Optimizing processing time of QuickSight SPICE refresh

alexresh · January 31, 2024, 2:55am

I have a QuickSight SPICE data set that is set to refresh daily, processes around 500M rows (~200GB) and typically take an 1 to 1.5 hours to refresh. Datasource is redshift. More recently, this has been failing due to WLM limit rules (1.5 hour) configured for query execution time. The data set written as a custom sql with all the logic takes about the same time as doing a select * from table.
Another approach taken is creating this dataset in athena - however, the ingestion time was worse - close to 3 hours.
We have an enterprise account and the data sets are within the spice limitations for QuickSight.The SPICE Usage on the account is ~80% of available SPICE capacity.

Any pointers on best practices for datasets of this size? what factors should be taken into account for estimating the processing time ? Any recommendations on how the SPICE ingestion time can be optimized?

Other notes :
Running a create table in redshift completes in less than 5 minutes. But the QuickSight data ingestion takes longer than an hour.

apjvinod · January 31, 2024, 8:44am

Hi @alexresh

Could you please check on the below suggestions and see if it reduces the time taken to load 500M records in SPICE .
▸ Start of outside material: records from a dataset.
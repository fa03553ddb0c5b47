-- ===== src/Ghaec2/Tracker/Keyed.antt =====
-- The tracker's map, as every operation leaves it: one entry for each key, and each instance under
-- its own id, by which the source deletes it.
use actionsspot.Prelude.{ℕ, ◌+◌, ℤ, String, ◌≡◌, List, [], ◌∷◌, arith}
use actionsspot.Ghaec2.Tracker.{
  Instance, Instances, insert, delete, change, job_started, terminate_loop, terminate_idle,
  idle_ids,
}
use actionsspot.Ghaec2.Tracker.Named.{Named}
use actionsspot.Ghaec2.Tracker.Laws.{Unique, insert-Unique, delete-Unique, lookup-change}

pub insert-Named :
    (k : String) (i : Instance) (m : Instances) → i.instance_id ≡ k → Named m → Named (insert k i m)
unfolding insert
insert-Named k i [] e h = (e, tt)
insert-Named k i ((j, x) ∷ m) e h = ground (arith, insert-Named k i m e h.1)

delete-Named : (k : String) (m : Instances) → Named m → Named (delete k m)
unfolding delete
delete-Named k [] h = tt
delete-Named k ((j, x) ∷ m) h = ground (arith, delete-Named k m h.1)

change-Named :
    (k : String) (q : ℤ) (now : ℕ) (m : Instances)
    → Named m
    → Named (change k (λ i. record i { job_id = q; last_activity = now }) m)
unfolding change
change-Named k q now [] h = tt
change-Named k q now ((j, x) ∷ m) h = ground (arith, change-Named k q now m h.1)

change-Unique :
    (k : String) (f : Instance → Instance) (m : Instances) → Unique m → Unique (change k f m)
unfolding change
change-Unique k f [] u = tt
change-Unique k f ((j, x) ∷ m) u = ground (arith, change-Unique k f m u.1, lookup-change k j f m)

-- Both together.
abbrev pub Keyed : Instances → Type 0
Keyed m = Unique m × Named m

pub insert-Keyed :
    (k : String) (i : Instance) (m : Instances) → i.instance_id ≡ k → Keyed m → Keyed (insert k i m)
insert-Keyed k i m e h = (insert-Unique k i m h.0, insert-Named k i m e h.1)

pub job_started-Keyed :
    (order : List String) (r q : ℤ) (now : ℕ) (m : Instances)
    → Keyed m
    → Keyed (job_started order r q now m)
unfolding job_started
job_started-Keyed order r q now m h = grind (arith, change-Unique, change-Named)

terminate_loop-Keyed :
    (ks : List String) (t : ℕ) (count : ℤ) (m : Instances)
    → Keyed m
    → Keyed (terminate_loop ks t count m)
unfolding terminate_loop
terminate_loop-Keyed [] t count m h = h
terminate_loop-Keyed (k ∷ ks) t count m h = ground (
  arith,
  terminate_loop-Keyed ks (t + 1) count (delete k m) (delete-Unique k m h.0, delete-Named k m h.1),
)

pub terminate_idle-Keyed :
    (order : List String) (count : ℤ) (m : Instances)
    → Keyed m
    → Keyed (terminate_idle order count m)
unfolding terminate_idle
terminate_idle-Keyed order count m h = terminate_loop-Keyed (idle_ids order m) 0 count m h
Check QuickSight SPICE region and Redshift are in the same region
Considering 500M rows is there any option to identify the incremental records using created date
/ last modified date and enable incremental SPICE refresh
Try to remove the unused/unwanted fields from dataset especially fields with string datatype
Extracting 500M rows through Redshift Spectrum might take additional time when compared Redshift managed Storage .

By looking at the throughput of 5M records per Minute (500M/90 Min) is relatively good…

Thanks
VInod

ErikG · January 31, 2024, 8:51am

Hi @alexresh
one additional question. You are proccesing 500M rows per day. Is it a full or incremental load?
BR

alexresh · January 31, 2024, 7:53pm

Processing 500 M rows per day as a full refresh. Incremental refresh in this case is not a viable solution as the 1st time it has to be a full refresh and we will hit the SPICE size limitation in less than a month

alexresh · January 31, 2024, 8:00pm

the redshift is in us-west-2 region
I have tried incremental loads but the overall processing times did not change much and have concern on hitting the spice ingestion size since the incremental load is constantly appending to the dataset
could try this approach
OK

So is the final take here that there is now way to optimize other than reducing the dataset size . whats the benefit of having spice and redshift in same region ?
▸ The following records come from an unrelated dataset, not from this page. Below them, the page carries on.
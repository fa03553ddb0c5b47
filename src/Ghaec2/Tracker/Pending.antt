-- ===== src/Ghaec2/Tracker/Pending.antt =====
-- Instances that were created and never reported as running.
use actionsspot.Prelude.{
  ℕ, ℤ, pos, String, ◌≡◌, refl, false, List, [], ◌∷◌, str_eq, arith, Bool-cases, Option-cases, inl,
  inr,
}
use actionsspot.Ghaec2.Tracker.{
  Instance, Instances, lookup, insert, change, job_started, is_idle, passes, idle_ids,
  terminate_loop, terminate_idle,
}

-- Every instance is "pending", and has no runner of GitHub's.
abbrev pub AllPending : Instances → Type 0
AllPending [] = Unit
AllPending ((k, i) ∷ m) = (i.state ≡ "pending") × (i.runner_id ≡ pos 0) × AllPending m

pub insert-AllPending :
    (k : String) (i : Instance) (m : Instances)
    → i.state ≡ "pending"
    → i.runner_id ≡ pos 0
    → AllPending m
    → AllPending (insert k i m)
unfolding insert
insert-AllPending k i [] s r h = (s, r, tt)
insert-AllPending k i ((j, x) ∷ m) s r h = ground (arith, insert-AllPending k i m s r h.2)

change-AllPending :
    (k : String) (q : ℤ) (now : ℕ) (m : Instances)
    → AllPending m
    → AllPending (change k (λ i. record i { job_id = q; last_activity = now }) m)
unfolding change
change-AllPending k q now [] h = tt
change-AllPending k q now ((j, x) ∷ m) h = ground (arith, change-AllPending k q now m h.2)

pub job_started-AllPending :
    (order : List String) (r q : ℤ) (now : ℕ) (m : Instances)
    → AllPending m
    → AllPending (job_started order r q now m)
unfolding job_started
job_started-AllPending order r q now m h = grind (arith, change-AllPending)

pending_instance : (i : Instance) → i.state ≡ "pending" → is_idle i ≡ false
pending_instance i e = rw e

pending_not_idle : (k : String) (m : Instances) → AllPending m → passes is_idle (lookup k m) ≡ false
unfolding lookup
pending_not_idle k [] h = refl
pending_not_idle k ((j, x) ∷ m) h = elim (Bool-cases (str_eq j k)) [
  | inl hit ↦ rw hit (pending_instance x h.0)
  | inr miss ↦ rw miss (pending_not_idle k m h.2)
]

idle_ids-pending : (order : List String) (m : Instances) → AllPending m → idle_ids order m ≡ []
unfolding idle_ids
idle_ids-pending [] m h = refl
idle_ids-pending (k ∷ ks) m h =
    ground (arith, pending_not_idle k m h, idle_ids-pending ks m h, Option-cases (lookup k m))

-- Of pending instances none is ever terminated.
pub terminate_idle-pending :
    (order : List String) (count : ℤ) (m : Instances)
    → AllPending m
    → terminate_idle order count m ≡ m
unfolding terminate_idle terminate_loop
terminate_idle-pending order count m h = rw (idle_ids-pending order m h)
ErikG · January 31, 2024, 8:03pm

But shouldnt be the row count the same if I do a full or just incremental?
e.g.
1st load: 500 to 500
2nd load: 534 to 500+34
etc.

alexresh · January 31, 2024, 9:16pm

each incremetal dayis close 100 M rows plus

Koushik_Muthanna · February 1, 2024, 8:55am

@alexresh ,

I have tried incremental loads but the overall processing times did not change much and have concern on hitting the spice ingestion size since the incremental load is constantly appending to the dataset

What do you mean with overall processing did not change much ? Ingesting 100 M records with incremental refresh took the same as a full refresh of 500 M ?
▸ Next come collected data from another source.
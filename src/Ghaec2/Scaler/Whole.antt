-- ===== src/Ghaec2/Scaler/Whole.antt =====
-- A predicate on the scaler's state that its steps keep is kept by a whole run, from the start of
-- the scaler to the clean-up at its end.
use actionsspot.Prelude.{ℤ, pos, ℕ, String, Option, none, some, List}
use actionsspot.Effect.{History, Env, Result, ok, err, crash, Exec}
use actionsspot.Ghaec2.Types.{RunnerScaleSet, RunnerScaleSetSession, RunnerScaleSetStatistic}
use actionsspot.Ghaec2.Client.{Client}
use actionsspot.Ghaec2.Scaler.{
  Scaler, call, random_suffix, start_session, first_or_retry, create_message_session,
  delete_session, cleanup_current, cleanup_session,
}
use actionsspot.Ghaec2.Scaler.Keeps.{Maintains, Maintains-bind, keeps_rules}
use actionsspot.Ghaec2.Scaler.Frame.{Frame, Maintains-call, Maintains-desired, Maintains-poll_loop}
use actionsspot.Ghaec2.Scaler.Polling.{Tick, poll_loop, start_message_polling, after_start}
use actionsspot.Ghaec2.Scaler.Start.{
  set_client, set_scale_set, initialize_actions_service, initialize_scale_set, poll_and_clean_up,
  run,
}

-- The steps that write to the state.
pub record Life (env : Env) (P : Scaler → Type 0) : Type 0 where
  pub frame : Frame env P
  pub marked : (s : Scaler) (i : ℤ) → P s → P (record s { last_message_id = i })
  pub client : (s : Scaler) (c : Client) → P s → P (record s { client = c })
  pub scale_set :
      (s : Scaler) (x : RunnerScaleSet)
      → P s
      → P (record s { scale_set = some x; config = record s.config { runner_scale_set_id = x.id } })

module _ (env : Env) (P : Scaler → Type 0) (life : Life env P) where
  Maintains-own_call : {A : Type 0} (m : Exec History A) → Maintains P (call m)
  Maintains-own_call m = Maintains-call env P life.frame m

  Maintains-suffix : (n : ℕ) → Maintains P (random_suffix env n)
  unfolding random_suffix
  Maintains-suffix n = record { at = λ s h. life.frame.history s _ h }

  Maintains-start_session : (x : RunnerScaleSetSession) → Maintains P (start_session env x)
  unfolding start_session
  Maintains-start_session x = record {
    at = λ s h. life.marked _ (pos 0) (life.frame.session s x h);
  }

  Maintains-set_client : (c : Client) → Maintains P (set_client c)
  unfolding set_client
  Maintains-set_client c = record { at = λ s h. life.client s c h }

  Maintains-set_scale_set : (x : RunnerScaleSet) → Maintains P (set_scale_set x)
  unfolding set_scale_set
  Maintains-set_scale_set x = record { at = λ s h. life.scale_set s x h }

  ruleset run_rules = (
    keeps_rules, Maintains-own_call, Maintains-suffix, Maintains-start_session,
    Maintains-set_client, Maintains-set_scale_set,
  )

  Maintains-first_or_retry : (r : Result RunnerScaleSetSession) → Maintains P (first_or_retry env r)
  Maintains-first_or_retry (ok x) = search run_rules
  Maintains-first_or_retry (err e) = search run_rules depth 12
  Maintains-first_or_retry (crash m) = search run_rules

  Maintains-session : Maintains P (create_message_session env)
  unfolding create_message_session
  Maintains-session = search (run_rules, Maintains-first_or_retry) depth 16

  Maintains-initialize : Maintains P (initialize_actions_service env)
  unfolding initialize_actions_service
  Maintains-initialize = search run_rules depth 12

  Maintains-scale_set : Maintains P (initialize_scale_set env)
  unfolding initialize_scale_set
  Maintains-scale_set = search run_rules depth 12

  Maintains-delete_session :
      (x : RunnerScaleSetSession) (o : Option String) → Maintains P (delete_session env x o)
  Maintains-delete_session x none = search run_rules
  Maintains-delete_session x (some id) = search run_rules depth 12

  Maintains-cleanup_current :
      (o : Option RunnerScaleSetSession) → Maintains P (cleanup_current env o)
  Maintains-cleanup_current none = search run_rules
  Maintains-cleanup_current (some x) = Maintains-delete_session x x.session_id

  Maintains-cleanup : Maintains P (cleanup_session env)
  unfolding cleanup_session
  Maintains-cleanup = search (run_rules, Maintains-cleanup_current) depth 8

  Maintains-after_start :
      (ticks : List Tick) (o : Option RunnerScaleSetStatistic)
      → Maintains P (after_start env ticks o)
  Maintains-after_start ticks none = search run_rules
  Maintains-after_start ticks (some st) =
      Maintains-bind _ (λ _. poll_loop env ticks)
        (search (run_rules, Maintains-desired env P life.frame) depth 8)
        (λ _. Maintains-poll_loop env P life.frame life.marked ticks)

  Maintains-polling : (ticks : List Tick) → Maintains P (start_message_polling env ticks)
  unfolding start_message_polling
  Maintains-polling ticks = search (run_rules, Maintains-after_start) depth 12

  Maintains-poll_and_clean_up : (ticks : List Tick) → Maintains P (poll_and_clean_up env ticks)
  unfolding poll_and_clean_up
  Maintains-poll_and_clean_up ticks = record {
    at = λ s h. Maintains-cleanup.at _ ((Maintains-polling ticks).at s h);
  }

  pub Maintains-run : (ticks : List Tick) → Maintains P (run env ticks)
  unfolding run
  Maintains-run ticks =
      search
        (
          run_rules, Maintains-initialize, Maintains-scale_set, Maintains-session,
          Maintains-poll_and_clean_up,
        )
        depth 12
Is the custom SQL that you are executing only looking at data for certain periods of time ? ( For eg : last 12 months )
If the incremental load append works for your data , you can use a multi-schedule approach ( Setting data retention period on incremental refresh dataset? - #6 by Giang_Nguyen )

Kind regards,
Koushik

ErikG · February 7, 2024, 7:21pm

Hi @alexresh
any update for us?
BR

Koushik_Muthanna · February 27, 2024, 3:31pm

Since we have not received a response from you on this question, we are going to archive the question. If you still need this question answered, please create a new question topic.